At the time, I was buried in work and too exhausted to argue with her, so I ignored her stupidity.
And it was not just Chloe.
I helped a lot of people in the company finish their work, largely because they were too stupid, and I was too tired to communicate with them.
But now that I was leaving, these idiots had finally realized something. If they could not properly take over the work I handed off, there would definitely be trouble.
So when they saw Sabrina pressuring me to hand over my work, they all blocked my way.
“Everyone has to hand over their work before resigning. Until you finish the handover, don’t even think about leaving this office.”
Their bloodshot eyes fixed on me.
It was as if we had truly been bitter enemies for the past few years.
Thinking back on all the times they had thanked me, I found it absurd.
At the same time, I had no desire to keep arguing with this rotten crowd.
So I sent each of them the documents they wanted me to hand over.
A full 3,200 pages.
Every page was proof of the overtime I had put in because of them.
But when they received the files, all they did was complain.
“How am I supposed to finish this much work?”
“Sure, it’s my job, but Natalie has always been the one handling it. Am I really supposed to start from the beginning? ”
“This work is so hard. How could anyone handle it properly?”
Sabrina quickly said, “Natalie is only sending you this much to scare you. The actual handover definitely won’t take more than ten minutes.
“Otherwise, how did she finish all of it by herself?”
Everyone thought Sabrina had a point, and they immediately looked much more relieved.
I was afraid I might laugh out loud, so I grabbed my box and tried to leave as quickly as possible.
But Sabrina spoke again.
“You’ve settled what you owe the company, but you still haven’t settled what you owe your coworkers.”
I frowned. “What do I owe any of you?”
Chloe gritted her teeth. “Money, obviously.
“Every project bonus gave you the biggest cut. You must have skimmed our share. Hurry up and give it back.”

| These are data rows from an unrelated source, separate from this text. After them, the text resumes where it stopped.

-- ===== src/Router/Routes.antt =====
-- src/cland/internal/router/router.go: which headers go on, and whether a request arrives at a runtime when
-- each member routes it by its own view of the clan.
use Prim.Native.String.{◌++◌ as append}
use minti.Base.{
  [], ◌∷◌, keep, Bool-cases, inl, inr, ℕ, zero, suc, String, Bool, true, false, Option, none, some,
  ◌==◌, if◌then◌else◌, ◌≡◌, ◌↔◌, refl, ap, arith, In, In-keep, In-of_keep,
}
use minti.Peers.{Registry}
use minti.Router.{
  Request, Upstream, Response, Router, handle_reasoning, Headers, is_hop_by_hop, is_minti_auth,
  copy_forwardable_headers, find_peer_addr,
}

-- Of a request's headers exactly those go on that are neither hop-by-hop nor of the authentication.
pub forwarded_iff :
    (name value : String) (headers : Headers)
    → In (name, value) (copy_forwardable_headers headers)
      ↔ (In (name, value) headers × (is_hop_by_hop name ≡ false) × (is_minti_auth name ≡ false))
unfolding copy_forwardable_headers
forwarded_iff name value headers = (
  λ m. let (k, p) = In-of_keep test (name, value) headers m in (k, ground arith, ground arith),
  λ h. In-keep test (name, value) headers h.0 (ground arith),
)
  where
    test : String × String → Bool
    test h = if is_hop_by_hop h.0 then false else if is_minti_auth h.0 then false else true

keep_idem :
    (p : String × String → Bool) (headers : Headers) → keep p (keep p headers) ≡ keep p headers
unfolding keep
keep_idem p [] = refl
keep_idem p (h ∷ headers) = elim (Bool-cases (p h)) [
  | inl e ↦ rw e (rw e (ap (λ l. h ∷ l) (keep_idem p headers)))
  | inr e ↦ rw e (keep_idem p headers)
]

pub copy_forwardable_headers_idem :
    (headers : Headers)
    → copy_forwardable_headers (copy_forwardable_headers headers) ≡ copy_forwardable_headers headers
unfolding copy_forwardable_headers
copy_forwardable_headers_idem headers = keep_idem _ headers

-- The members of a clan: their routers and registries, whom each takes for the Orchestrator, their runtimes,
-- which URLs parse, and which member a URL reaches, with the path that it asks for.
pub record Network : Type 0 where
  pub router : (member_id : String) → Router
  pub current_orchestrator : (member_id : String) → String
  pub registry : (member_id : String) → Registry
  pub runtime : (member_id : String) → Upstream → Option Response
  pub builds : (url : String) → Bool
  pub dial : (url : String) → String × String

-- A request as the member at the other end receives it.
abbrev pub received : Upstream → (path : String) → Request
received up path = record { method = up.method; path = path; headers = up.headers; body = up.body }

-- What `handleReasoning` of a member answers when its peer client reaches the `handleReasoning` of the others,
-- and a request that went through `limit` members has no answer yet, so that the client before gives up.
unfoldable pub answer : Network → (limit : ℕ) → (member_id : String) → Request → Response
answer n zero member_id req =
    (handle_reasoning
      (record { builds = n.builds; local_do = n.runtime member_id; peer_do = λ up. none })
      (n.router member_id) (n.current_orchestrator member_id) (n.registry member_id) req).1
answer n (suc limit) member_id req =
    (handle_reasoning
      (record {
        builds = n.builds;
        local_do = n.runtime member_id;
        peer_do = λ up. some (answer n limit (n.dial up.url).0 (received up (n.dial up.url).1));
      })
      (n.router member_id) (n.current_orchestrator member_id) (n.registry member_id) req).1

-- The URL under which a member proxies a path to an address.
abbrev pub peer_url : (address path : String) → String
peer_url address path = append "https://" (append address path)

-- A member takes another for the Orchestrator, has an address for it, and the URL there reaches it.
abbrev pub IsProxy : Network → (member_id orchestrator path : String) → Type 0
IsProxy n m o path =
    (n.current_orchestrator m ≡ o)
    × ((o == "") ≡ false)
    × ((o == (n.router m).self_id) ≡ false)
    × ((find_peer_addr (n.registry m) o == "") ≡ false)
    × (n.builds (peer_url (find_peer_addr (n.registry m) o) path) ≡ true)
    × (n.dial (peer_url (find_peer_addr (n.registry m) o) path) ≡ (o, path))
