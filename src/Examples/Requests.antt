-- ===== src/Examples/Requests.antt =====
-- The theorems on requests and their routes, applied to a sample request and a sample clan.
use Prim.Native.String.{◌++◌ as append}
use minti.Base.{
  ℕ, ◌+◌, String, true, some, none, [], ◌∷◌, ◌≡◌, refl, arith, pos, ◌≤◌, ◌<◌, inr, lookup, insert,
  ◌==◌, if◌then◌else◌,
}
use minti.Toolexec.{KeyProvider}
use minti.Transport.{
  Codec, Request, canonical, compute_mac, equal_bytes, verify_mac, stamp_request, is_skewed,
  mac_matches, refuse_early,
}
use minti.Transport.Nonces.{new_nonce_cache, check_and_store, bucket_of, sweep, evict, push}
use minti.Transport.Replays.{Call, run, calls_of, new_nonce_cache-IsValid}
use minti.Transport.Guarding.{Guard, Clock, authenticate, admit, accepted_once, accepted_as_another}
use minti.Transport.Stamping.{IsReadable, stamp-passes}
use minti.Router
use minti.Router.Routes.{Network}
use minti.Examples.{registry, bob}

-- The MAC is the text itself with the key in front, and every time is written as "5".
abbrev codec : Codec
codec = record {
  crypto = record {
    hmac = λ key message. append key message;
    sha256 = λ s. s;
    hex_encode = λ s. s;
    hex_decode = λ s. some s;
    to_lower = λ s. s;
    format_int = λ n. "5";
  };
  to_upper = λ s. s;
  parse_int = λ s. some (pos 5);
}

abbrev keys : KeyProvider
keys = record { current = "k"; grace = none; grace_expiry = 0 }

abbrev later_keys : KeyProvider
later_keys = record { current = "new"; grace = some "k"; grace_expiry = 900 }

abbrev plain : Request
plain = record {
  method = "GET";
  path = "/clan/roster";
  body = "";
  member = "";
  timestamp = "";
  nonce = "";
  mac = "";
}

abbrev stamped : Request
stamped = record plain {
  member = "bob";
  timestamp = "5";
  nonce = "n1";
  mac = "kGET\n/clan/roster\n\n5\nn1";
}

abbrev guard : Guard
guard = record { nonces = new_nonce_cache 0 0; denials = [] }

-- A request takes 20 nanoseconds from its timestamp to its nonce.
abbrev at : ℕ → Clock
at now = record { skew_at = now; grace_at = now + 10; nonce_at = now + 20 }

accepted : (authenticate codec keys (at 6000000) stamped guard).1 ≡ some "bob"
unfolding authenticate admit refuse_early is_skewed mac_matches verify_mac equal_bytes compute_mac
    canonical check_and_store bucket_of new_nonce_cache sweep push evict lookup insert
accepted = refl

cache_ttl : 120000000000 + 20 ≤ guard.nonces.ttl
unfolding new_nonce_cache
cache_ttl = ground arith

abbrev other_call : Call
other_call = record { member = "eve"; nonce = "n1"; now = 7000000 }

no_call : calls_of "bob" (other_call ∷ []) < guard.nonces.cap_per_member
unfolding calls_of new_nonce_cache
no_call = ground arith

abbrev later : Guard
later = record {
  nonces = run (other_call ∷ []) (authenticate codec keys (at 6000000) stamped guard).0.nonces;
  denials = [];
}

accepted_once_example : (authenticate codec later_keys (at 8000000) stamped later).1 ≡ none
accepted_once_example =
    accepted_once codec keys later_keys (at 6000000) (at 8000000) 20 stamped guard "bob"
      (other_call ∷ []) later (new_nonce_cache-IsValid 0 0) cache_ttl (ground arith) (ground arith)
      accepted ((λ p. ground arith), tt) no_call refl

eve_unused : (check_and_store "eve" "n1" 6000020 guard.nonces).1 ≡ true
unfolding check_and_store bucket_of new_nonce_cache sweep push evict lookup insert
eve_unused = refl

accepted_as_another_example :
    (authenticate codec keys (at 6000000) (record stamped { member = "eve" }) guard).1 ≡ some "eve"
accepted_as_another_example =
    accepted_as_another codec keys (at 6000000) stamped guard guard "bob" "eve" accepted refl refl
      eve_unused

readable : IsReadable codec 5 (compute_mac codec "k" "GET" "/clan/roster" "" (pos 5) "n1")
unfolding compute_mac canonical
readable = record {
  parses = refl;
  written = refl;
  lower = refl;
  bytes = "kGET\n/clan/roster\n\n5\nn1";
  decodes = refl;
  present = refl;
}

-- The server has rotated its key already.
stamp-passes_example :
    refuse_early codec later_keys 800 810 (stamp_request codec keys "bob" plain 5 "n1") ≡ none
stamp-passes_example =
    stamp-passes codec keys later_keys "bob" plain 5 800 810 "n1" readable refl refl (ground arith)
      (ground arith) (ground arith) (inr refl)

-- Ann takes Bob for the Orchestrator, and Bob `orchestrator`; each has the other in its registry.
abbrev network : (orchestrator : String) → Network
network orchestrator = record {
  router = λ id. record {
    self_id = id;
    runtime_base_url = "http://127.0.0.1:11434";
    requests = 0;
    self_routes = 0;
    peer_proxies = 0;
    rejects_non_orch = 0;
    audit = [];
  };
  current_orchestrator = λ id. if id == "ann" then "bob" else orchestrator;
  registry = λ id. if id == "ann" then registry else record registry {
    members = ("ann", record bob { member_id = "ann"; address = "10.0.0.3:7946" }) ∷ [];
  };
  runtime = λ id up. some (record { status = 200; headers = []; body = id });
  builds = λ url. true;
  dial = λ url. if url == "https://10.0.0.2:7946/v1" then ("bob", "/v1") else ("ann", "/v1");
}

abbrev chat : Router.Request
chat = record { method = "POST"; path = "/v1"; headers = []; body = "hi" }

After Chloe said that, my coworkers looked at me with even more resentment.
Only then did I understand why they had all turned on me with Sabrina.
They believed I had taken money that belonged to them.
“Bonuses are distributed based on each person’s contribution to the project. If you’re unhappy, take it up with the boss. Why are you coming after me?”
Chloe twisted the truth without blinking. “Because you stole our credit. That’s why the boss gave the money to the wrong person.”
“Then report me to the boss.
“Or report me to the police. Or serve me a court summons. As long as a court rules that I owe you the money, I’ll pay.
“But if you keep blocking me and refusing to let me leave, I’m calling the police right now.”
I took out my phone and was about to dial.
“Natalie, that’s enough. You’re already leaving the company. Do you still have to cause trouble for everyone?”